### RECORDED DATA ###

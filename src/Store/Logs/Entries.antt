-- ===== src/Store/Logs/Entries.antt =====
-- The rows that `log_retention_entries` (crates/lmt-store/src/lib.rs) selects.
use lzu_mirror_tools.Prelude.{
  ◌≡◌, refl, sym, ap, ◌∙◌, Bool, true, false, ◌&&◌, none, List, [], ◌∷◌, ◌==◌, arith, Memᴰ,
  if◌then◌else◌,
}
use mathlib.Core.List.Memᴰ
use lzu_mirror_tools.Prelude.Text.{text_eq, text_eq→eq, text_eq_refl}
use lzu_mirror_tools.Prelude.Tables.{join}
use lzu_mirror_tools.Prelude.Tables.Select.{join-Mem}
use lzu_mirror_tools.Prelude.Tables.Membership.{Mem-join}
use lzu_mirror_tools.Core.State.{is_terminal}
use lzu_mirror_tools.Store.Rows.{AttemptRow, LogRow, Db}
use lzu_mirror_tools.Store.Logs.{
  LogRetentionEntry, log_before, to_entry, insert_log, order_logs, log_retention_entries,
}

-- A complete log of an attempt at its end, which has not expired.
pub record Expirable (l : LogRow) (db : Db) : Type 0 where
  pub log : Memᴰ l db.logs
  pub attempt : AttemptRow
  pub attempt_there : Memᴰ attempt db.attempts
  pub of_run : attempt.run_id ≡ l.run_id
  pub of_attempt : attempt.attempt_no ≡ l.attempt_no
  pub complete : l.complete ≡ true
  pub kept : l.expired_at_ms ≡ none
  pub ended : is_terminal attempt.state ≡ true

abbrev pub Pair : Type 0
Pair = LogRow × AttemptRow

placed-Mem :
    (b : Bool) (c x y : Pair) (ys rest : List Pair)
    → (Memᴰ c rest → Memᴰ c (x ∷ ys))
    → Memᴰ c (if b then y ∷ rest else x ∷ y ∷ ys)
    → Memᴰ c (x ∷ y ∷ ys)
placed-Mem true c x y ys rest back (Memᴰ.head h) = Memᴰ.tail (Memᴰ.head h)
placed-Mem true c x y ys rest back (Memᴰ.tail n) = elim (back n) [
  | Memᴰ.head h ↦ Memᴰ.head h
  | Memᴰ.tail k ↦ Memᴰ.tail (Memᴰ.tail k)
]
placed-Mem false c x y ys rest back n = n

Mem-placed :
    (b : Bool) (c x y : Pair) (ys rest : List Pair)
    → (Memᴰ c (x ∷ ys) → Memᴰ c rest)
    → Memᴰ c (x ∷ y ∷ ys)
    → Memᴰ c (if b then y ∷ rest else x ∷ y ∷ ys)
Mem-placed true c x y ys rest forth (Memᴰ.head h) = Memᴰ.tail (forth (Memᴰ.head h))
Mem-placed true c x y ys rest forth (Memᴰ.tail (Memᴰ.head h)) = Memᴰ.head h
Mem-placed true c x y ys rest forth (Memᴰ.tail (Memᴰ.tail k)) = Memᴰ.tail (forth (Memᴰ.tail k))
Mem-placed false c x y ys rest forth n = n

insert_log-Mem : (c x : Pair) (ys : List Pair) → Memᴰ c (insert_log x ys) → Memᴰ c (x ∷ ys)
unfolding insert_log
insert_log-Mem c x [] m = m
insert_log-Mem c x (y ∷ ys) m =
    placed-Mem (log_before y.0 x.0) c x y ys (insert_log x ys) (insert_log-Mem c x ys) m

Mem-insert_log : (c x : Pair) (ys : List Pair) → Memᴰ c (x ∷ ys) → Memᴰ c (insert_log x ys)
unfolding insert_log
Mem-insert_log c x [] m = m
Mem-insert_log c x (y ∷ ys) m =
    Mem-placed (log_before y.0 x.0) c x y ys (insert_log x ys) (Mem-insert_log c x ys) m

order_logs-Mem : (c : Pair) (xs : List Pair) → Memᴰ c (order_logs xs) → Memᴰ c xs
unfolding order_logs
order_logs-Mem c [] m = m
order_logs-Mem c (x ∷ xs) m = elim (insert_log-Mem c x (order_logs xs) m) [
  | Memᴰ.head h ↦ Memᴰ.head h
  | Memᴰ.tail k ↦ Memᴰ.tail (order_logs-Mem c xs k)
]

Mem-order_logs : (c : Pair) (xs : List Pair) → Memᴰ c xs → Memᴰ c (order_logs xs)
unfolding order_logs
Mem-order_logs c [] m = m
Mem-order_logs c (x ∷ xs) (Memᴰ.head h) = Mem-insert_log c x (order_logs xs) (Memᴰ.head h)
Mem-order_logs c (x ∷ xs) (Memᴰ.tail k) =
    Mem-insert_log c x (order_logs xs) (Memᴰ.tail (Mem-order_logs c xs k))

abbrev pub on_key : LogRow → AttemptRow → Bool
on_key l a = text_eq a.run_id l.run_id && a.attempt_no == l.attempt_no

-- What an entry says of its log.
pub record Describes (e : LogRetentionEntry) (l : LogRow) : Type 0 where
  pub run : e.run_id ≡ l.run_id
  pub number : e.attempt_no ≡ l.attempt_no
  pub bytes : e.stored_bytes ≡ l.stored_bytes
  pub written : e.updated_at_ms ≡ l.updated_at_ms

both : (x y : Bool) → (x && y) ≡ true → (x ≡ true) × (y ≡ true)
both x y h = (ground (arith, h), ground (arith, h))

pub entries-Expirable :
    (db : Db) (e : LogRetentionEntry)
    → Memᴰ e (log_retention_entries db)
    → e.eligible ≡ true
    → e.expired_at_ms ≡ none
    → (l : LogRow) × Expirable l db × Describes e l
unfolding log_retention_entries to_entry
entries-Expirable db e m may live =
    let ((l, a), k, same) = Memᴰ.of_map to_entry (order_logs (join on_key db.logs db.attempts)) m in
    let (there, of, on) = join-Mem on_key db.logs db.attempts (order_logs-Mem (l, a) _ k) in
    let (complete, ended) =
      both l.complete (is_terminal a.state)
        (ap (λ (x : LogRetentionEntry). x.eligible) same ∙ may) in
    let (run, number) = both (text_eq a.run_id l.run_id) (a.attempt_no == l.attempt_no) on in
    (
      l,
      record {
        log = there;
        attempt = a;
        attempt_there = of;
        of_run = text_eq→eq a.run_id l.run_id run;
        of_attempt = ground (arith, number);
        complete = complete;
        kept = ap (λ (x : LogRetentionEntry). x.expired_at_ms) same ∙ live;
        ended = ended;
      },
      record {
        run = ap (λ (x : LogRetentionEntry). x.run_id) (sym same);
        number = ap (λ (x : LogRetentionEntry). x.attempt_no) (sym same);
        bytes = ap (λ (x : LogRetentionEntry). x.stored_bytes) (sym same);
        written = ap (λ (x : LogRetentionEntry). x.updated_at_ms) (sym same);
      },
    )

pub Expirable-entries :
    (db : Db) (l : LogRow)
    → Expirable l db
    → (e : LogRetentionEntry) × Memᴰ e (log_retention_entries db)
      × (e.eligible ≡ true)
      × (e.expired_at_ms ≡ none)
      × Describes e l
unfolding log_retention_entries to_entry
Expirable-entries db l x = (
  to_entry (l, x.attempt),
  Memᴰ.map to_entry (
      Mem-order_logs (l, x.attempt) _
        (Mem-join on_key db.logs db.attempts x.log x.attempt_there
          (rw (x.of_run, x.of_attempt) (ground (arith, text_eq_refl l.run_id))))),
  rw (x.complete, x.ended) refl,
  x.kept,
  record { run = refl; number = refl; bytes = refl; written = refl },
)
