-- ===== src/Store/Logs/Keys.antt =====
-- The keys of the entries of `log_retention_entries` (crates/lmt-store/src/lib.rs).
use lzu_mirror_tools.Prelude.{
  ◌≡◌, refl, ap, ◌∙◌, Bool, true, false, ◌&&◌, ◌||◌, List, [], ◌∷◌, ◌++◌, ◌==◌, arith, map,
  if◌then◌else◌, Bool-cases, inl, inr,
}
use lzu_mirror_tools.Prelude.Text.{text_eq, text_eq→eq, text_eq_refl, text_eq_comm}
use lzu_mirror_tools.Prelude.Tables.{exists_where, Distinct, pair_rows, join}
use lzu_mirror_tools.Prelude.Tables.Select.{exists_where-append}
use lzu_mirror_tools.Store.Rows.{AttemptRow, LogRow, Db}
use lzu_mirror_tools.Store.Logs.{
  LogRetentionEntry, log_before, to_entry, insert_log, order_logs, log_retention_entries,
}
use lzu_mirror_tools.Store.Invariant.{same_attempt}
use lzu_mirror_tools.Store.Logs.Entries.{Pair, on_key}

-- The columns of the primary key of a log and of an entry.
abbrev pub same_log : LogRow → LogRow → Bool
same_log l m = text_eq l.run_id m.run_id && l.attempt_no == m.attempt_no

abbrev pub same_entry : LogRetentionEntry → LogRetentionEntry → Bool
same_entry e f = text_eq e.run_id f.run_id && e.attempt_no == f.attempt_no

abbrev same_pair : Pair → Pair → Bool
same_pair x y = same_log x.0 y.0

same_pair_comm : (x y : Pair) → same_pair x y ≡ same_pair y x
same_pair_comm x y = let e = text_eq_comm x.0.run_id y.0.run_id in ground (arith, e)

-- Two attempts of one log have one key.
on_key_same :
    (l : LogRow) (a b : AttemptRow)
    → on_key l a ≡ true
    → on_key l b ≡ true
    → same_attempt a b ≡ true
on_key_same l a b h k =
    let e = text_eq→eq a.run_id l.run_id (ground (arith, h)) in
    let f = text_eq→eq b.run_id l.run_id (ground (arith, k)) in
    rw (e, f) (ground (arith, h, k, text_eq_refl l.run_id))

no_more :
    (l : LogRow) (a : AttemptRow) (rest : List AttemptRow)
    → on_key l a ≡ true
    → exists_where (same_attempt a) rest ≡ false
    → pair_rows on_key l rest ≡ []
unfolding pair_rows exists_where
no_more l a [] h n = refl
no_more l a (b ∷ rest) h n = elim (Bool-cases (on_key l b)) [
  | inl t ↦ absurd (ground (arith, n, on_key_same l a b h t))
  | inr f ↦ rw f (no_more l a rest h (ground (arith, n)))
]

pair_rows-Distinct :
    (l : LogRow) (rows : List AttemptRow)
    → Distinct same_attempt rows
    → Distinct same_pair (pair_rows on_key l rows)
unfolding pair_rows exists_where
pair_rows-Distinct l [] d = tt
pair_rows-Distinct l (a ∷ rest) d = elim (Bool-cases (on_key l a)) [
  | inl t ↦ rw (t, no_more l a rest t d.0) (refl, tt)
  | inr f ↦ rw f (pair_rows-Distinct l rest d.1)
]

-- A log that is no other's has none of the pairs of the others.
pairs_apart :
    (l m : LogRow) (a : AttemptRow) (rows : List AttemptRow)
    → same_log l m ≡ false
    → exists_where (same_pair (l, a)) (pair_rows on_key m rows) ≡ false
unfolding pair_rows exists_where
pairs_apart l m a [] f = refl
pairs_apart l m a (b ∷ rest) f = elim (Bool-cases (on_key m b)) [
  | inl t ↦ rw (t, f) (pairs_apart l m a rest f)
  | inr g ↦ rw g (pairs_apart l m a rest f)
]

join_apart :
    (l : LogRow) (a : AttemptRow) (logs : List LogRow) (rows : List AttemptRow)
    → exists_where (same_log l) logs ≡ false
    → exists_where (same_pair (l, a)) (join on_key logs rows) ≡ false
unfolding join exists_where
join_apart l a [] rows h = refl
join_apart l a (m ∷ logs) rows h =
    exists_where-append (same_pair (l, a)) (pair_rows on_key m rows) (join on_key logs rows)
    ∙ ground (
      arith,
      pairs_apart l m a rows (ground (arith, h)),
      join_apart l a logs rows (ground (arith, h)),
    )

with_pairs :
    (l : LogRow) (rows all : List AttemptRow) (logs : List LogRow)
    → exists_where (same_log l) logs ≡ false
    → Distinct same_attempt rows
    → Distinct same_pair (join on_key logs all)
    → Distinct same_pair (pair_rows on_key l rows ++ join on_key logs all)
unfolding pair_rows
with_pairs l [] all logs h d e = e
with_pairs l (a ∷ rest) all logs h d e = elim (Bool-cases (on_key l a)) [
  | inl t ↦ rw (t, no_more l a rest t d.0) (join_apart l a logs all h, e)
  | inr f ↦ rw f (with_pairs l rest all logs h d.1 e)
]

join-Distinct :
    (logs : List LogRow) (rows : List AttemptRow)
    → Distinct same_log logs
    → Distinct same_attempt rows
    → Distinct same_pair (join on_key logs rows)
unfolding join
join-Distinct [] rows h d = tt
join-Distinct (l ∷ logs) rows h d =
    with_pairs l rows rows logs h.0 d (join-Distinct logs rows h.1 d)

placed-Distinct :
    (b : Bool) (x y : Pair) (ys rest : List Pair)
    → Distinct same_pair rest
    → exists_where (same_pair y) rest ≡ false
    → Distinct same_pair (x ∷ y ∷ ys)
    → Distinct same_pair (if b then y ∷ rest else x ∷ y ∷ ys)
placed-Distinct true x y ys rest d n e = (n, d)
placed-Distinct false x y ys rest d n e = e

exists_where-insert_log :
    (p : Pair → Bool) (x : Pair) (ys : List Pair)
    → exists_where p (insert_log x ys) ≡ (p x || exists_where p ys)
unfolding insert_log exists_where
exists_where-insert_log p x [] = refl
exists_where-insert_log p x (y ∷ ys) = elim (Bool-cases (log_before y.0 x.0)) [
  | inl t ↦ rw t (ground (arith, exists_where-insert_log p x ys))
  | inr f ↦ rw f refl
]

insert_log-Distinct :
    (x : Pair) (ys : List Pair)
    → exists_where (same_pair x) ys ≡ false
    → Distinct same_pair ys
    → Distinct same_pair (insert_log x ys)
unfolding insert_log exists_where
insert_log-Distinct x [] n d = (refl, tt)
insert_log-Distinct x (y ∷ ys) n d =
    placed-Distinct (log_before y.0 x.0) x y ys (insert_log x ys)
      (insert_log-Distinct x ys (ground (arith, n)) d.1)
      (exists_where-insert_log (same_pair y) x ys ∙ ground (arith, d.0, same_pair_comm y x, n))
      (n, d)

exists_where-order_logs :
    (p : Pair → Bool) (xs : List Pair) → exists_where p (order_logs xs) ≡ exists_where p xs
unfolding order_logs exists_where
exists_where-order_logs p [] = refl
exists_where-order_logs p (x ∷ xs) =
    exists_where-insert_log p x (order_logs xs) ∙ ap (λ b. p x || b) (exists_where-order_logs p xs)

order_logs-Distinct : (xs : List Pair) → Distinct same_pair xs → Distinct same_pair (order_logs xs)
unfolding order_logs
order_logs-Distinct [] d = tt
order_logs-Distinct (x ∷ xs) d =
    insert_log-Distinct x (order_logs xs) (exists_where-order_logs (same_pair x) xs ∙ d.0)
      (order_logs-Distinct xs d.1)

exists_where-entries :
    (x : Pair) (ys : List Pair)
    → exists_where (same_entry (to_entry x)) (map to_entry ys) ≡ exists_where (same_pair x) ys
unfolding exists_where to_entry
exists_where-entries x [] = refl
exists_where-entries x (y ∷ ys) = ap (λ b. same_pair x y || b) (exists_where-entries x ys)

map-Distinct : (xs : List Pair) → Distinct same_pair xs → Distinct same_entry (map to_entry xs)
map-Distinct [] d = tt
map-Distinct (x ∷ xs) d = (exists_where-entries x xs ∙ d.0, map-Distinct xs d.1)

pub entries-Distinct :
    (db : Db)
    → Distinct same_log db.logs
    → Distinct same_attempt db.attempts
    → Distinct same_entry (log_retention_entries db)
unfolding log_retention_entries
entries-Distinct db d e =
    map-Distinct (order_logs (join on_key db.logs db.attempts)) (
      order_logs-Distinct (join on_key db.logs db.attempts) (join-Distinct db.logs db.attempts d e))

###

◆ EXERCISE GOAL:
Please give back, exactly as it stands above, the stretch from the line with "attempt = a;" through the line with "same_log l m = text_eq", and no line outside it.

◆ EXPECTED OUTPUT:
        attempt = a;
        attempt_there = of;
        of_run = text_eq→eq a.run_id l.run_id run;
        of_attempt = ground (arith, number);
        complete = complete;
        kept = ap (λ (x : LogRetentionEntry). x.expired_at_ms) same ∙ live;
        ended = ended;
      },
      record {
        run = ap (λ (x : LogRetentionEntry). x.run_id) (sym same);
        number = ap (λ (x : LogRetentionEntry). x.attempt_no) (sym same);
        bytes = ap (λ (x : LogRetentionEntry). x.stored_bytes) (sym same);
        written = ap (λ (x : LogRetentionEntry). x.updated_at_ms) (sym same);
      },
    )

pub Expirable-entries :
    (db : Db) (l : LogRow)
    → Expirable l db
    → (e : LogRetentionEntry) × Memᴰ e (log_retention_entries db)
      × (e.eligible ≡ true)
      × (e.expired_at_ms ≡ none)
      × Describes e l
unfolding log_retention_entries to_entry
Expirable-entries db l x = (
  to_entry (l, x.attempt),
  Memᴰ.map to_entry (
      Mem-order_logs (l, x.attempt) _
        (Mem-join on_key db.logs db.attempts x.log x.attempt_there
          (rw (x.of_run, x.of_attempt) (ground (arith, text_eq_refl l.run_id))))),
  rw (x.complete, x.ended) refl,
  x.kept,
  record { run = refl; number = refl; bytes = refl; written = refl },
)
-- ===== src/Store/Logs/Keys.antt =====
-- The keys of the entries of `log_retention_entries` (crates/lmt-store/src/lib.rs).
use lzu_mirror_tools.Prelude.{
  ◌≡◌, refl, ap, ◌∙◌, Bool, true, false, ◌&&◌, ◌||◌, List, [], ◌∷◌, ◌++◌, ◌==◌, arith, map,
  if◌then◌else◌, Bool-cases, inl, inr,
}
use lzu_mirror_tools.Prelude.Text.{text_eq, text_eq→eq, text_eq_refl, text_eq_comm}
use lzu_mirror_tools.Prelude.Tables.{exists_where, Distinct, pair_rows, join}
use lzu_mirror_tools.Prelude.Tables.Select.{exists_where-append}
use lzu_mirror_tools.Store.Rows.{AttemptRow, LogRow, Db}
use lzu_mirror_tools.Store.Logs.{
  LogRetentionEntry, log_before, to_entry, insert_log, order_logs, log_retention_entries,
}
use lzu_mirror_tools.Store.Invariant.{same_attempt}
use lzu_mirror_tools.Store.Logs.Entries.{Pair, on_key}

-- The columns of the primary key of a log and of an entry.
abbrev pub same_log : LogRow → LogRow → Bool
same_log l m = text_eq l.run_id m.run_id && l.attempt_no == m.attempt_no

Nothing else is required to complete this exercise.